---- Input records

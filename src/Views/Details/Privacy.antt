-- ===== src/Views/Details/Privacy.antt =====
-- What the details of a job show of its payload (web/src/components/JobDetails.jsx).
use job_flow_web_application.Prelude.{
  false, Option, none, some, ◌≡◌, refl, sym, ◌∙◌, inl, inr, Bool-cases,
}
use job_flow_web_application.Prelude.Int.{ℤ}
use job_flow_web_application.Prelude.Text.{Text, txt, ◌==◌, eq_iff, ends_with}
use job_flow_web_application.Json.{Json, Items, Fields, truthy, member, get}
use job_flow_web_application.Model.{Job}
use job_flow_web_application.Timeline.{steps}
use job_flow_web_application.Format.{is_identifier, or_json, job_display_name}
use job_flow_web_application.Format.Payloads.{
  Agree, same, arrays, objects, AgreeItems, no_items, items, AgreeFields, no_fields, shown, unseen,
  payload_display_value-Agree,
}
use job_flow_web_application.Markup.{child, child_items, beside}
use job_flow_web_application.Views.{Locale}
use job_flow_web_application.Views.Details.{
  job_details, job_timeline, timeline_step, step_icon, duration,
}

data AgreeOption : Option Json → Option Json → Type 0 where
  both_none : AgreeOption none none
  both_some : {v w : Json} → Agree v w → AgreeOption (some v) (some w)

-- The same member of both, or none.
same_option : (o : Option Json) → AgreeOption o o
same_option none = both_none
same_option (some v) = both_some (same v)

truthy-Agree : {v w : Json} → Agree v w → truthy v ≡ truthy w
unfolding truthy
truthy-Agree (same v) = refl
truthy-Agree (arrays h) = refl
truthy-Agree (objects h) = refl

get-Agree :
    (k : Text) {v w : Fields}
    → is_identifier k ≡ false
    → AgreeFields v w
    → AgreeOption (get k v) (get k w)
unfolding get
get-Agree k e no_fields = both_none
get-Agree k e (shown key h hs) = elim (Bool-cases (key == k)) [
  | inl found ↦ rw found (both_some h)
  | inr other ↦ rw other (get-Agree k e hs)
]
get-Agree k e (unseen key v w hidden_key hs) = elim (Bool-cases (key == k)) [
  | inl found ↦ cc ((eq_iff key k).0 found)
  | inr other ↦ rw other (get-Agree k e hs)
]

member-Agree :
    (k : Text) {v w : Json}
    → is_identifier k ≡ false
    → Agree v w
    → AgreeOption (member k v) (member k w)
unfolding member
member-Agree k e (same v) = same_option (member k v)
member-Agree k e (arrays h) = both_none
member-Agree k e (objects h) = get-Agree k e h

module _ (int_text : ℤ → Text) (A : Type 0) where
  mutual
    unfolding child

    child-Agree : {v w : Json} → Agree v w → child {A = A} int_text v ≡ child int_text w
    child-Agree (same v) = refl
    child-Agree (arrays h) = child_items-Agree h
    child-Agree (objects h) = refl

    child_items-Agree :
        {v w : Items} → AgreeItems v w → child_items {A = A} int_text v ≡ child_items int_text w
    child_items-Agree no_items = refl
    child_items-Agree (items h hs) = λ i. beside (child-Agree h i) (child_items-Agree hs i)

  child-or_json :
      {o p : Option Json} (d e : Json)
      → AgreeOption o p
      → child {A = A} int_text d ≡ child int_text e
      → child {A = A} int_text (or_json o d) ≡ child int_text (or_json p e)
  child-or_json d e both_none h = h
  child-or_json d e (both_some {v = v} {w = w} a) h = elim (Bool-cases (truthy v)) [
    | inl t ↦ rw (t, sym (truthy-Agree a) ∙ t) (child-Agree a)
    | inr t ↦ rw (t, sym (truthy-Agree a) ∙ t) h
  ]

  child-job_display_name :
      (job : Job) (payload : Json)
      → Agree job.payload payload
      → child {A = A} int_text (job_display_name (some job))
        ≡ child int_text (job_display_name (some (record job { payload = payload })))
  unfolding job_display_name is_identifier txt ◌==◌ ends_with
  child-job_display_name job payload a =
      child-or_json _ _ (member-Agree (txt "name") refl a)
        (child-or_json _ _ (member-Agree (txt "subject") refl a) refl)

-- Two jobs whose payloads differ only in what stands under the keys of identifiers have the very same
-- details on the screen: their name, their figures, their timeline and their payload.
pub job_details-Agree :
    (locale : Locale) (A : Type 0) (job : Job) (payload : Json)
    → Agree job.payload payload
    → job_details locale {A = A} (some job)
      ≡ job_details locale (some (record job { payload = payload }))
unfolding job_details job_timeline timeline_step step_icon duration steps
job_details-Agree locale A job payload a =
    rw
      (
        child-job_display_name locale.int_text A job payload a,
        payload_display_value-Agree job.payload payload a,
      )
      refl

--------

## [Work request]
Starting from the data above, filter for lines with "Views" and copy each one.

## [Solution for this exercise]
filename src/Views/Details/Privacy.antt
-- ===== src/Views/Details/Privacy.antt =====
use job_flow_web_application.Views.{Locale}
use job_flow_web_application.Views.Details.{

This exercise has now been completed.